连邻居阿婶都来了。她在家里帮王宫洗衣裳,听说公主要讲法显大师的经,搓板一搁就跑来了,手上还沾着皂角水的白沫。
没有人说话,所有人都在等。
锡兰王坐在菩提树正下方,白缠头上的红宝石被树缝间漏下的阳光映得一明一暗。
“唐王,法显大师的残卷里写了什么?住持藏了七十年不给孤王看,今天唐王拿回来了——能不能给锡兰人讲一讲?”
李晨站在菩提树下。凯拉妮站在旁边,手里捧着那卷贝叶经,菩提子念珠在手腕上一圈一圈地缠着。
“锡兰王,我不太会讲佛法。我是做生意的,管商行,管铁器,管钱庄。”
港务官站在人群边上,白袍子被海风吹得飘飘扬扬。
“唐王,锡兰人不懂什么叫做生意。锡兰人只懂佛。唐王就讲佛——讲讲为什么法显大师百年前的话,到今天才有人看懂。”

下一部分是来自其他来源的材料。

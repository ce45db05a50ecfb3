-- ===== src/Pipeline.antt =====
-- The lexer and the parser together: the parser takes from the parser queue, oldest first, what the
-- threads of the lexer have pushed there.
pub mod Threads
pub mod Joint
pub mod Given
pub mod Stop
pub mod Drain
mod Tests
use becoming_an_elite_engine.Base.{
  text_order, ℕ, zero, suc, ◌+◌, ◌^◌, ◌<◌, ◌≤◌, ◌≡◌, ◌≢◌, ◌⊎◌, inl, inr, refl, ap, ◌∙◌, sym, subst,
  Bool, true, false, Option, none, some, List, [], ◌∷◌, ◌++◌, length, length-append, ◌==◌,
  if◌then◌else◌, arith, All, All-imp, contains,
}
use becoming_an_elite_engine.Bst.{Tree, recurse_search}
use becoming_an_elite_engine.Bst.Laws.{value, IsOrdered}
use becoming_an_elite_engine.Lexer.Text.{Text}
use becoming_an_elite_engine.Lexer.Split.{IsWord}
use becoming_an_elite_engine.Lexer.Shutdown.{Shared, Reachable, all_finished}
use becoming_an_elite_engine.Lexer.Sound.{marked-IsStream}
use becoming_an_elite_engine.Lexer.Stream.{stream-Reachable}
use becoming_an_elite_engine.Parser.{fulfilled, failed, run}
use becoming_an_elite_engine.Parser.Stream.{rounds, end_of_stream, run-drained}

rounds-append : (ws : List Text) → rounds (ws ++ ([] ∷ [])) ≡ rounds ws ++ (end_of_stream ∷ [])
rounds-append [] = refl
rounds-append (w ∷ ws) = ap (λ l. (true, w) ∷ l) (rounds-append ws)

module _ (stop_set : List Text) where
  -- Whatever the order of the steps of the lexer's threads: when all workers are done, and have pushed
  -- fewer than 2 ^ 64 texts, a parser that runs on what they pushed drains it. The promise gets
  -- the number of the words, or the error if there is none, and the tree is ordered and finds
  -- exactly the words that were pushed.
  pub run-stream :
      (s : Shared) (w : Text)
      → Reachable stop_set s
      → all_finished s.workers ≡ true
      → length s.pushed < 2 ^ 64
      → (ws : List Text) × (t : Tree Text) × (s.pushed ≡ ws ++ ([] ∷ []))
        × All (IsWord stop_set) ws
        × (run (rounds s.pushed)
            ≡ some (if length ws == 0 then failed else fulfilled (length ws), t))
        × IsOrdered t
        × (value (recurse_search t w) ≡ (if contains w ws then some w else none))
  run-stream s w r done small =
      let (n, stream, few, ended) = stream-Reachable stop_set s r in
      let one : n ≡ 1 = ground (arith, ended, done) in
      let (ws, split, words) = marked-IsStream stop_set s.pushed n one stream in
      let (t, outcome, ordered, found) =
        run-drained ws [] w (All-imp (λ word h. h.0) ws words)
          (omega (arith, ap length split, length-append ws ([] ∷ []))) in
      (
        ws,
        t,
        split,
        words,
        ap (λ l. run (rounds l)) split ∙ ap run (rounds-append ws) ∙ outcome,
        ordered,
        found,
      )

菩提树的叶子被海风吹得沙沙响,一片叶子落下来,落在凯拉妮捧着的贝叶经上。
她把叶子轻轻拈起,放在石阶上。
“锡兰王,法显大师在残经边角写了一句话。法不依国,不依王,不依僧。法依人。人存则法存,人亡则法不亡。”
菩提树下的空气忽然静了。
拄拐杖的老人浑身一震,拐杖差点从手里滑脱。抬头望着菩提树冠间漏下的碎光,没头没脑地喃喃了一句:“法依人——不依王?”
“这不对呀。”码头上扛麻袋的一个苦力挠着头站起来,“唐王,小的在码头上扛了一辈子麻袋,寺里的大和尚天天说,法依佛牙舍利,法依锡兰王。谁敢说佛牙舍利一个不字,下辈子要下地狱的。唐王刚才说——法不依王?”
李晨没有回答。
锡兰王把茶碗放在蒲团旁边,碗底磕在石板上,叮的一声。他的手指在茶碗边缘轻轻摩擦着。

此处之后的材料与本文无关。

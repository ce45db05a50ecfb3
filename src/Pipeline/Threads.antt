-- ===== src/Pipeline/Threads.antt =====
-- searchengine/internal/parser/parser.cpp, `Run` and `OnStop`, beside the lexer of Lexer/Shutdown:
-- the parser queue, and the threads that push into it and take from it. A step is one access to
-- shared state; any thread that can may take the next. The queue has no capacity here: a thread that
-- waits for room is one that takes no step.
use becoming_an_elite_engine.Base.{
  text_order, ℕ, ◌+◌, ◌%◌, ◌^◌, ◌≡◌, Bool, true, false, List, [], ◌∷◌, ◌++◌, ◌==◌, if◌then◌else◌,
}
use becoming_an_elite_engine.Bst.{Tree, null, recurse_insertion}
use becoming_an_elite_engine.Lexer.Text.{Text}
use becoming_an_elite_engine.Lexer.Shutdown.{Shared, Step, start_state}
use becoming_an_elite_engine.Parser.{Outcome, fulfilled, failed, broken, Round}

-- Where `Parser::Run` is: before the test of `running_`, in `pop_blocking`, or behind the promise.
pub data Place : Type 0 where
  at_test : Place
  at_pop : Place
  ended : Outcome → Place

-- `Parser::OnStop`: not called yet, before its push, before its join, or done
pub data StopCall : Type 0 where
  not_called : StopCall
  before_push : StopCall
  before_join : StopCall
  returned : StopCall

-- `given` is all that was pushed into the parser queue so far, and `taken` the rounds of the loop of
-- `Parser::Run`; `running` is the flag of the parser, `tree` and `indexed` its local variables.
pub record System : Type 0 where
  pub lexer : Shared
  pub queue : List Text
  pub given : List Text
  pub running : Bool
  pub place : Place
  pub tree : Tree Text
  pub indexed : ℕ
  pub taken : List Round
  pub stop_call : StopCall

-- `OnStart` of both, once all threads exist
abbrev pub start_system : System
start_system = record {
  lexer = start_state;
  queue = [];
  given = [];
  running = true;
  place = at_test;
  tree = null;
  indexed = 0;
  taken = [];
  stop_call = not_called;
}

pub data Move (stop_set : List Text) : System → System → Type 0 where
  -- a thread of the lexer, which may push
  by_lexer :
      (s : System) (l : Shared) (new : List Text)
      → Step stop_set s.lexer l
      → l.pushed ≡ s.lexer.pushed ++ new
      → Move stop_set s (record s { lexer = l; queue = s.queue ++ new; given = s.given ++ new })
  -- `Run`
  test_on :
      (s : System)
      → s.place ≡ at_test
      → s.running ≡ true
      → Move stop_set s (record s { place = at_pop })
  test_off :
      (s : System)
      → s.place ≡ at_test
      → s.running ≡ false
      → Move stop_set s (record s { place = ended broken; taken = s.taken ++ ((false, []) ∷ []) })
  take_token :
      (s : System) (c : ℕ) (token : Text) (rest : List Text)
      → s.place ≡ at_pop
      → s.queue ≡ (c ∷ token) ∷ rest
      → Move stop_set s (record s {
        queue = rest;
        place = at_test;
        tree = recurse_insertion s.tree (c ∷ token);
        indexed = (s.indexed + 1) % 2 ^ 64;
        taken = s.taken ++ ((true, c ∷ token) ∷ []);
      })
  take_mark :
      (s : System) (rest : List Text)
      → s.place ≡ at_pop
      → s.queue ≡ [] ∷ rest
      → Move stop_set s (record s {
        queue = rest;
        place = ended (if s.indexed == 0 then failed else fulfilled s.indexed);
        taken = s.taken ++ ((true, []) ∷ []);
      })
  -- `OnStop`: the flag, the push, and the join
  clear_running :
      (s : System)
      → s.stop_call ≡ not_called
      → Move stop_set s (record s { running = false; stop_call = before_push })
  unblock :
      (s : System)
      → s.stop_call ≡ before_push
      → Move stop_set s (record s {
        queue = s.queue ++ ([] ∷ []);
        given = s.given ++ ([] ∷ []);
        stop_call = before_join;
      })
  join :
      (s : System) (o : Outcome)
      → s.stop_call ≡ before_join
      → s.place ≡ ended o
      → Move stop_set s (record s { stop_call = returned })

pub data Runs (stop_set : List Text) : System → Type 0 where
  begin : Runs stop_set start_system
  and_then : (s s' : System) → Runs stop_set s → Move stop_set s s' → Runs stop_set s'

“这话不是孤王说的,也不是唐王说的,是法显大师亲笔写在贝叶上的。锡兰的和尚说——法依佛牙舍利。法显大师说——法依人。佛牙舍利供在寺里八百年,法显大师跪在佛牙寺青石板上看了三年。要说懂佛,法显大师比当今任何一个活着的和尚都懂。”
“法依人。法在众生那里。”
李晨看着码头苦力,也看着众人,“你不用怕下地狱——你替唐国商行扛过麻袋,搬过肉桂,每一袋货都清清爽爽没少过斤两。守法做事的人,法就在你这边。你天天在码头下苦力养活一家老小,这就是按规矩活。你按规矩活,法就在你身上。法不在舍利里,在你扛麻袋的脊梁上。”
码头苦力用手臂擦了一下眼睛。只是擦了一下,没擦干净,索性把整只手捂在鼻子上。
锡兰王慢慢把茶碗推了推:“孤王想问一句——王子犯法呢?”
“与庶民同罪。大炎的刑律里,这一句写了两千年。皇帝杀人,刑部照样判死罪。这就是法不依王——佛经里没有这句话,诸子百家也没有这句话。法显大师自己悟出来的。他是个和尚,也是航海家——赤着脚走了三十年,从大炎走到锡兰。他不是躲在寺庙里抄经的和尚,是见过大海、沙漠、人性最深处的善与恶的人。写‘法不依王’,是因为亲眼看见过一个王朝的覆灭不只是兵马溃败,更是律法对王权的纵容。他把这四个字藏在佛经边角,今天我替他念出来了。”
菩提树下静得只剩风声。
一个七八岁的男孩挤开人群探出脑袋,赤着上半身,额头上全是汗。
“唐王!公主!小的听不懂你们讲的那些——就好比,码头那边泰米尔人以前总是打我们,现在他们酋长死了,我们就能跟他们好上了吗?”
“海叔,您出来讲吧。”凯拉妮唤了一声。
拄拐杖的老人拄着拐杖站起来,枯瘦的手指在儿子肩膀上轻轻拍了一下。
“海叔年轻靠打鱼为生。泰米尔人的战船撞碎过他的舢板,把他的亲弟弟拖进海底。海叔恨泰米尔人恨了四十多年。今天早上,码头上熔掉弯刀、铸了犁头的泰米尔俘虏里,有一个泰米尔女人。她男人死在河谷里了,剩她一个,拖着两个崽。海叔在码头看了很久,最后拄着拐杖走过去,替那个泰米尔女人捡起了犁头。”
老人直了直佝偻的腰,慢慢地说下去。
“公主认得老朽的儿子——其实不是老朽亲生的崽。他是泰米尔孤儿。那年老朽亲眼看见他娘死在战乱里,把他抱回去养大,一碗米汤两个人分着喝。锡兰人也好,泰米尔人也好,细流归细流,喝的都是同一个海。法显大师说大海不择细流,老朽以前不懂。今天早上看见那个泰米尔女人,忽然就懂了。唐王,老朽替她说句话——犁头她拿到了。可她住在北边荒原边上,赤着脚,孩子还没鞋穿。唐王能不能安排几个北大学堂的学生来锡兰,替泰米尔人修条路?”
菩提树下几十个锡兰人齐刷刷回头望着他。
李晨沉默了一瞬,点了点头。
“能。锡兰的路,唐国帮着修。泰米尔寨子里的路,也一样修。从波斯回来以后——唐国的商行不止在锡兰港收肉桂,也会在北边收他们的椰干。”